→ Task requirements
Look through the data below for the line with "else if v == 10", and transcribe it exactly together with each line after it up to and including the line with "encode_packet_data (suback p)". Give nothing else.

→ Given entries
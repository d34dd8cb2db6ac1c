-- ===== src/Mqtt/Encoder/Payloads.antt =====
-- The decoders of PUBLISH, CONNECT and CONNACK packets end on all data.
use hat_drivers.Base.{mqtt_unsupported_version, stuck, ◌≢◌, arith, >>=-ne-stuck}
use hat_drivers.Base.{ℕ, List, [], Bool, not, bit_and, ◌==◌, none, some, err, guard, true, false}
use hat_drivers.Base.{mqtt_protocol_error, mqtt_malformed_packet, mqtt_unsupported_version}
use hat_drivers.Mqtt.Common.{QoS, at_most_once, at_least_once, exactly_once}
use hat_drivers.Mqtt.Primitives.{decode_uint8, decode_uint16, decode_string, decode_binary}
use hat_drivers.Mqtt.Properties.{decode_props}
use hat_drivers.Mqtt.Fields.{decode_reason, decode_optional}
use hat_drivers.Base.Utf8.{is_utf8}
use hat_drivers.Mqtt.Primitives.Drains.{
  Drains, ok-Drains, then-Drains, step-Drains, guard-Drains, zero-Drains, malformed-ne-stuck,
  protocol-ne-stuck,
}
use hat_drivers.Mqtt.Primitives.Drains.{uint8-Drains, uint16-Drains, binary-Drains, string-Drains}
use hat_drivers.Mqtt.Properties.Total.{props-Drains, whole-Drains}
use hat_drivers.Mqtt.Publish.{decode_identifier, decode_payload, decode_publish_packet}
use hat_drivers.Mqtt.Connect.{decode_will_payload, decode_will, decode_connect_packet}
use hat_drivers.Mqtt.ConnAck.{decode_connack_packet}
use hat_drivers.Mqtt.Encoder.Drains.{
  instead-ne-stuck, optional-Drains, reason-Drains, to_qos-ne-stuck, version-ne-stuck,
}

identifier-Drains : (q : QoS) (bs : List ℕ) → Drains 0 bs (decode_identifier q bs)
unfolding decode_identifier
identifier-Drains at_most_once bs = whole-Drains none bs
identifier-Drains at_least_once bs =
    then-Drains (decode_uint16 bs) _ (zero-Drains 1 (uint16-Drains bs))
      (λ i rest. whole-Drains (some i) rest)
identifier-Drains exactly_once bs =
    then-Drains (decode_uint16 bs) _ (zero-Drains 1 (uint16-Drains bs))
      (λ i rest. whole-Drains (some i) rest)

guarded : (b : Bool) → guard b mqtt_malformed_packet ≢ err stuck
guarded true e = cc
guarded false e = cc

decode_payload-ne-stuck : (b : Bool) (bs : List ℕ) → decode_payload b bs ≢ err stuck
unfolding decode_payload
decode_payload-ne-stuck false bs = λ e. cc
decode_payload-ne-stuck true bs =
    >>=-ne-stuck (guard (is_utf8 bs) mqtt_malformed_packet) _ (guarded (is_utf8 bs)) (λ u e. cc)

pub publish-Drains :
    (d : Bool) (q : QoS) (r : Bool) (bs : List ℕ) → Drains 0 bs (decode_publish_packet d q r bs)
unfolding decode_publish_packet
publish-Drains d q r bs =
    then-Drains (decode_string bs) _ (zero-Drains 1 (string-Drains bs)) (λ topic_name rest.
      then-Drains (decode_identifier q rest) _ (identifier-Drains q rest) (λ i rest'.
        then-Drains (decode_props _ rest') _ (zero-Drains 1 (props-Drains _ rest')) (λ props rest''.
          step-Drains (decode_payload _ rest'') _ (decode_payload-ne-stuck _ rest'')
            (λ payload. ok-Drains 0 rest'' _ [] (omega arith)))))

will_payload-Drains : (b : Bool) (bs : List ℕ) → Drains 0 bs (decode_will_payload b bs)
unfolding decode_will_payload
will_payload-Drains true bs =
    then-Drains (decode_string bs) _ (zero-Drains 1 (string-Drains bs))
      (λ s rest. whole-Drains _ rest)
will_payload-Drains false bs =
    then-Drains (decode_binary bs) _ (zero-Drains 1 (binary-Drains bs))
      (λ s rest. whole-Drains _ rest)

will-Drains : (q : QoS) (r : Bool) (bs : List ℕ) → Drains 0 bs (decode_will q r bs)
unfolding decode_will
will-Drains q r bs =
    then-Drains (decode_props _ bs) _ (zero-Drains 1 (props-Drains _ bs)) (λ props rest.
      then-Drains (decode_string rest) _ (zero-Drains 1 (string-Drains rest)) (λ topic rest'.
        then-Drains (decode_will_payload _ rest') _ (will_payload-Drains _ rest')
          (λ payload rest''. whole-Drains _ rest'')))

pub connect-Drains : (bs : List ℕ) → Drains 0 bs (decode_connect_packet bs)
unfolding decode_connect_packet
connect-Drains bs = then-Drains (decode_string bs) _ (zero-Drains 1 (string-Drains bs)) (λ name r1.
    guard-Drains _ mqtt_unsupported_version version-ne-stuck (
      then-Drains (decode_uint8 r1) _ (zero-Drains 1 (uint8-Drains r1)) (λ version r2.
        guard-Drains _ mqtt_unsupported_version version-ne-stuck (
          then-Drains (decode_uint8 r2) _ (zero-Drains 1 (uint8-Drains r2)) (λ flags r3.
            step-Drains _ _ (instead-ne-stuck _ _ malformed-ne-stuck (to_qos-ne-stuck _)) (λ qos.
              then-Drains (decode_uint16 r3) _ (zero-Drains 1 (uint16-Drains r3)) (λ keep_alive r4.
                then-Drains (decode_props _ r4) _ (zero-Drains 1 (props-Drains _ r4)) (λ props r5.
                  guard-Drains _ mqtt_protocol_error protocol-ne-stuck (
                    then-Drains (decode_string r5) _ (zero-Drains 1 (string-Drains r5))
                      (λ identifier r6.
                        then-Drains
                          (decode_optional (not (bit_and flags 0x04 == 0))
                            (decode_will qos (not (bit_and flags 0x20 == 0))) r6)
                          _ (optional-Drains _ _ r6 (will-Drains qos _))
                          (λ will r7.
                            then-Drains
                              (decode_optional (not (bit_and flags 0x80 == 0)) decode_string r7) _
                              (optional-Drains _ _ r7 (λ bs. zero-Drains 1 (string-Drains bs)))
                              (λ user_name r8.
                                then-Drains
                                  (decode_optional (not (bit_and flags 0x40 == 0)) decode_binary r8)
                                  _
                                  (optional-Drains _ _ r8 (λ bs. zero-Drains 1 (binary-Drains bs)))
                                  (λ password r9. whole-Drains _ r9)))))))))))))

pub connack-Drains : (bs : List ℕ) → Drains 0 bs (decode_connack_packet bs)
unfolding decode_connack_packet
connack-Drains bs = then-Drains (decode_uint8 bs) _ (zero-Drains 1 (uint8-Drains bs)) (λ flags rest.
    then-Drains (decode_reason rest) _ (zero-Drains 1 (reason-Drains rest)) (λ reason rest'.
      then-Drains (decode_props _ rest') _ (zero-Drains 1 (props-Drains _ rest'))
        (λ props rest''. whole-Drains _ rest'')))
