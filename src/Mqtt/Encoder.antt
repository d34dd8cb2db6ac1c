-- ===== src/Mqtt/Encoder.antt =====
-- The fixed header, `encode_packet` and `decode_packet` in src_py/hat/drivers/mqtt/transport/encoder.py.
pub mod RoundTrip
pub mod Flags
pub mod Stream
pub mod Drains
pub mod Payloads
pub mod Total
use hat_drivers.Base.{
  ℕ, List, [], ◌∷◌, ◌++◌, Bool, not, ◌||◌, if◌then◌else◌, bit_or, bit_and, ◌*◌, ◌/◌, ◌^◌, ◌==◌,
  Result, ok, err, ◌>>=◌, ◌>>◌, guard, length, true, false,
}
use hat_drivers.Base.{mqtt_malformed_packet}
use hat_drivers.Mqtt.Common.{QoS, at_most_once, at_least_once, qos_value, to_qos}
use hat_drivers.Mqtt.Properties
use hat_drivers.Mqtt.Properties.{get}
use hat_drivers.Mqtt.Fields.{instead, is_empty}
use hat_drivers.Base.{◌+◌, suc, zero, value_error}
use hat_drivers.Base.Bytes.{at}
use hat_drivers.Mqtt.Primitives.{encode_uintvar, decode_uintvar}
use hat_drivers.Mqtt.Packet.{
  Packet, connect, connack, publish, puback, pubrec, pubrel, pubcomp, subscribe, suback,
  unsubscribe, unsuback, pingreq, pingresp, disconnect, auth,
}
use hat_drivers.Mqtt.Acks.{
  encode_puback_packet, decode_puback_packet, encode_pubrec_packet, decode_pubrec_packet,
}
use hat_drivers.Mqtt.Acks.{
  encode_pubrel_packet, decode_pubrel_packet, encode_pubcomp_packet, decode_pubcomp_packet,
}
use hat_drivers.Mqtt.Session.{
  encode_disconnect_packet, decode_disconnect_packet, encode_auth_packet, decode_auth_packet,
}
use hat_drivers.Mqtt.Subscriptions.{
  encode_subscribe_packet, decode_subscribe_packet, encode_suback_packet, decode_suback_packet,
}
use hat_drivers.Mqtt.Subscriptions.{
  encode_unsubscribe_packet, decode_unsubscribe_packet, encode_unsuback_packet,
  decode_unsuback_packet,
}
use hat_drivers.Mqtt.Publish.{encode_publish_packet, decode_publish_packet}
use hat_drivers.Mqtt.Connect.{encode_connect_packet, decode_connect_packet}
use hat_drivers.Mqtt.ConnAck.{encode_connack_packet, decode_connack_packet}

pub data PacketType : Type 0 where
  connect_type connack_type publish_type puback_type pubrec_type pubrel_type pubcomp_type
        subscribe_type suback_type unsubscribe_type unsuback_type pingreq_type pingresp_type
        disconnect_type auth_type :
      PacketType

unfoldable pub packet_type_value : PacketType → ℕ
packet_type_value connect_type = 1
packet_type_value connack_type = 2
packet_type_value publish_type = 3
packet_type_value puback_type = 4
packet_type_value pubrec_type = 5
packet_type_value pubrel_type = 6
packet_type_value pubcomp_type = 7
packet_type_value subscribe_type = 8
packet_type_value suback_type = 9
packet_type_value unsubscribe_type = 10
packet_type_value unsuback_type = 11
packet_type_value pingreq_type = 12
packet_type_value pingresp_type = 13
packet_type_value disconnect_type = 14
packet_type_value auth_type = 15

-- `_PacketType(value)`
unfoldable pub to_packet_type : ℕ → Result PacketType
to_packet_type v =
    if v == 1
    then ok connect_type
    else if v == 2
    then ok connack_type
    else if v == 3
    then ok publish_type
    else if v == 4
    then ok puback_type
    else if v == 5
    then ok pubrec_type
    else if v == 6
    then ok pubrel_type
    else if v == 7
    then ok pubcomp_type
    else if v == 8
    then ok subscribe_type
    else if v == 9
    then ok suback_type
    else if v == 10
    then ok unsubscribe_type
    else if v == 11
    then ok unsuback_type
    else if v == 12
    then ok pingreq_type
    else if v == 13
    then ok pingresp_type
    else if v == 14
    then ok disconnect_type
    else if v == 15
    then ok auth_type
    else err value_error

unfoldable pub packet_type : Packet → PacketType
packet_type (connect p) = connect_type
packet_type (connack p) = connack_type
packet_type (publish p) = publish_type
packet_type (puback p) = puback_type
packet_type (pubrec p) = pubrec_type
packet_type (pubrel p) = pubrel_type
packet_type (pubcomp p) = pubcomp_type
packet_type (subscribe p) = subscribe_type
packet_type (suback p) = suback_type
packet_type (unsubscribe p) = unsubscribe_type
packet_type (unsuback p) = unsuback_type
packet_type pingreq = pingreq_type
packet_type pingresp = pingresp_type
packet_type (disconnect p) = disconnect_type
packet_type (auth p) = auth_type

unfoldable pub packet_duplicate : Packet → Bool
packet_duplicate (publish p) = p.duplicate
packet_duplicate _ = false

unfoldable pub packet_qos : Packet → QoS
packet_qos (publish p) = p.qos
packet_qos (pubrel p) = at_least_once
packet_qos (subscribe p) = at_least_once
packet_qos (unsubscribe p) = at_least_once
packet_qos _ = at_most_once

unfoldable pub packet_retain : Packet → Bool
packet_retain (publish p) = p.retain
packet_retain _ = false

unfoldable pub encode_packet_data : Packet → Result (List ℕ)
encode_packet_data (connect p) = encode_connect_packet p
encode_packet_data (connack p) = encode_connack_packet p
encode_packet_data (publish p) = encode_publish_packet p
encode_packet_data (puback p) = encode_puback_packet p
encode_packet_data (pubrec p) = encode_pubrec_packet p
encode_packet_data (pubrel p) = encode_pubrel_packet p
encode_packet_data (pubcomp p) = encode_pubcomp_packet p
encode_packet_data (subscribe p) = encode_subscribe_packet p
encode_packet_data (suback p) = encode_suback_packet p
encode_packet_data (unsubscribe p) = encode_unsubscribe_packet p
encode_packet_data (unsuback p) = encode_unsuback_packet p
encode_packet_data pingreq = ok []
encode_packet_data pingresp = ok []
encode_packet_data (disconnect p) = encode_disconnect_packet p
encode_packet_data (auth p) = encode_auth_packet p

-- The first byte of a packet
unfoldable pub fixed_header : PacketType → Bool → QoS → Bool → ℕ
unfolding packet_type_value
fixed_header t duplicate qos retain =
    bit_or
      (bit_or (bit_or (packet_type_value t * 2 ^ 4) (if duplicate then 0x08 else 0x00))
        (qos_value qos * 2))
      (if retain then 0x01 else 0x00)

unfoldable pub encode_packet : Packet → Result (List ℕ)
unfolding encode_packet_data fixed_header packet_type packet_duplicate packet_qos packet_retain
encode_packet p = do
  packet_data ← encode_packet_data p
  size ← encode_uintvar (length packet_data)
  ok (
      fixed_header (packet_type p) (packet_duplicate p) (packet_qos p) (packet_retain p) ∷ size
      ++ packet_data)

unfoldable pub same_qos : QoS → QoS → Bool
unfolding qos_value
same_qos q r = qos_value q == qos_value r

-- `if duplicate or qos != expected or retain: raise`, and the decoder of the packet
unfoldable pub decode_flagged {ℓ} :
    {A : Type ℓ}
    → QoS
    → Bool
    → QoS
    → Bool
    → (A → Packet)
    → (List ℕ → Result (A × List ℕ))
    → List ℕ
    → Result (Packet × List ℕ)
unfolding same_qos
decode_flagged expected duplicate qos retain packet read bs = do
  guard (not (duplicate || (not (same_qos qos expected) || retain))) mqtt_malformed_packet
  (p, rest) ← read bs
  ok (packet p, rest)

unfoldable pub decode_packet_data :
    PacketType → Bool → QoS → Bool → List ℕ → Result (Packet × List ℕ)
unfolding decode_flagged
decode_packet_data connect_type d q r bs =
    decode_flagged at_most_once d q r connect decode_connect_packet bs
decode_packet_data connack_type d q r bs =
    decode_flagged at_most_once d q r connack decode_connack_packet bs
decode_packet_data publish_type d q r bs = do
  (p, rest) ← decode_publish_packet d q r bs
  ok (publish p, rest)
decode_packet_data puback_type d q r bs =
    decode_flagged at_most_once d q r puback decode_puback_packet bs
decode_packet_data pubrec_type d q r bs =
    decode_flagged at_most_once d q r pubrec decode_pubrec_packet bs
decode_packet_data pubrel_type d q r bs =
    decode_flagged at_least_once d q r pubrel decode_pubrel_packet bs
decode_packet_data pubcomp_type d q r bs =
    decode_flagged at_most_once d q r pubcomp decode_pubcomp_packet bs
decode_packet_data subscribe_type d q r bs =
    decode_flagged at_least_once d q r subscribe decode_subscribe_packet bs
decode_packet_data suback_type d q r bs =
    decode_flagged at_most_once d q r suback decode_suback_packet bs
decode_packet_data unsubscribe_type d q r bs =
    decode_flagged at_least_once d q r unsubscribe decode_unsubscribe_packet bs
decode_packet_data unsuback_type d q r bs =
    decode_flagged at_most_once d q r unsuback decode_unsuback_packet bs
decode_packet_data pingreq_type d q r bs =
    decode_flagged at_most_once d q r (λ (u : Unit {0}). pingreq) (λ bs. ok (tt, bs)) bs
decode_packet_data pingresp_type d q r bs =
    decode_flagged at_most_once d q r (λ (u : Unit {0}). pingresp) (λ bs. ok (tt, bs)) bs
decode_packet_data disconnect_type d q r bs =
    decode_flagged at_most_once d q r disconnect decode_disconnect_packet bs
decode_packet_data auth_type d q r bs = decode_flagged at_most_once d q r auth decode_auth_packet bs

unfoldable pub decode_packet : List ℕ → Result Packet
unfolding decode_packet_data to_packet_type is_empty instead
decode_packet (head ∷ b ∷ bs) = do
  t ← instead mqtt_malformed_packet (to_packet_type (head / 2 ^ 4))
  qos ← instead mqtt_malformed_packet (to_qos (bit_and (head / 2) 0x03))
  (remaining_len, rest) ← decode_uintvar (b ∷ bs)
  guard (length rest == remaining_len) mqtt_malformed_packet
  (packet, rest') ←
      decode_packet_data t (not (bit_and head 0x08 == 0)) qos (not (bit_and head 0x01 == 0)) rest
  guard (is_empty rest') mqtt_malformed_packet
  ok packet
decode_packet _ = err mqtt_malformed_packet

-- The loop of `get_next_packet_size` on `data[1:]`, `n` rounds before `i > 3`: whether it breaks, or the
-- data end before, and `i`
unfoldable pub size_end : ℕ → ℕ → List ℕ → Result (Bool × ℕ)
size_end zero i bs = err mqtt_malformed_packet
size_end (suc n) i [] = ok (false, i)
size_end (suc n) i (b ∷ bs) = elim (bit_and b 0x80 == 0) [
  | true ↦ ok (true, i)
  | false ↦ size_end n (i + 1) bs
]

unfoldable pub next_packet_size : List ℕ → Bool × ℕ → Result ℕ
next_packet_size bs (false, i) = ok (i + 2)
next_packet_size bs (true, i) = do
  (remaining_len, rest) ← decode_uintvar bs
  ok (2 + i + remaining_len)

unfoldable pub get_next_packet_size : List ℕ → Result ℕ
unfolding size_end next_packet_size
get_next_packet_size (head ∷ b ∷ bs) = do end ← size_end 4 0 (b ∷ bs); next_packet_size (b ∷ bs) end
get_next_packet_size _ = ok 2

→ Reply to the exercise
    else if v == 10
    then ok unsubscribe_type
    else if v == 11
    then ok unsuback_type
    else if v == 12
    then ok pingreq_type
    else if v == 13
    then ok pingresp_type
    else if v == 14
    then ok disconnect_type
    else if v == 15
    then ok auth_type
    else err value_error

unfoldable pub packet_type : Packet → PacketType
packet_type (connect p) = connect_type
packet_type (connack p) = connack_type
packet_type (publish p) = publish_type
packet_type (puback p) = puback_type
packet_type (pubrec p) = pubrec_type
packet_type (pubrel p) = pubrel_type
packet_type (pubcomp p) = pubcomp_type
packet_type (subscribe p) = subscribe_type
packet_type (suback p) = suback_type
packet_type (unsubscribe p) = unsubscribe_type
packet_type (unsuback p) = unsuback_type
packet_type pingreq = pingreq_type
packet_type pingresp = pingresp_type
packet_type (disconnect p) = disconnect_type
packet_type (auth p) = auth_type

unfoldable pub packet_duplicate : Packet → Bool
packet_duplicate (publish p) = p.duplicate
packet_duplicate _ = false

unfoldable pub packet_qos : Packet → QoS
packet_qos (publish p) = p.qos
packet_qos (pubrel p) = at_least_once
packet_qos (subscribe p) = at_least_once
packet_qos (unsubscribe p) = at_least_once
packet_qos _ = at_most_once

unfoldable pub packet_retain : Packet → Bool
packet_retain (publish p) = p.retain
packet_retain _ = false

unfoldable pub encode_packet_data : Packet → Result (List ℕ)
encode_packet_data (connect p) = encode_connect_packet p
encode_packet_data (connack p) = encode_connack_packet p
encode_packet_data (publish p) = encode_publish_packet p
encode_packet_data (puback p) = encode_puback_packet p
encode_packet_data (pubrec p) = encode_pubrec_packet p
encode_packet_data (pubrel p) = encode_pubrel_packet p
encode_packet_data (pubcomp p) = encode_pubcomp_packet p
encode_packet_data (subscribe p) = encode_subscribe_packet p
encode_packet_data (suback p) = encode_suback_packet p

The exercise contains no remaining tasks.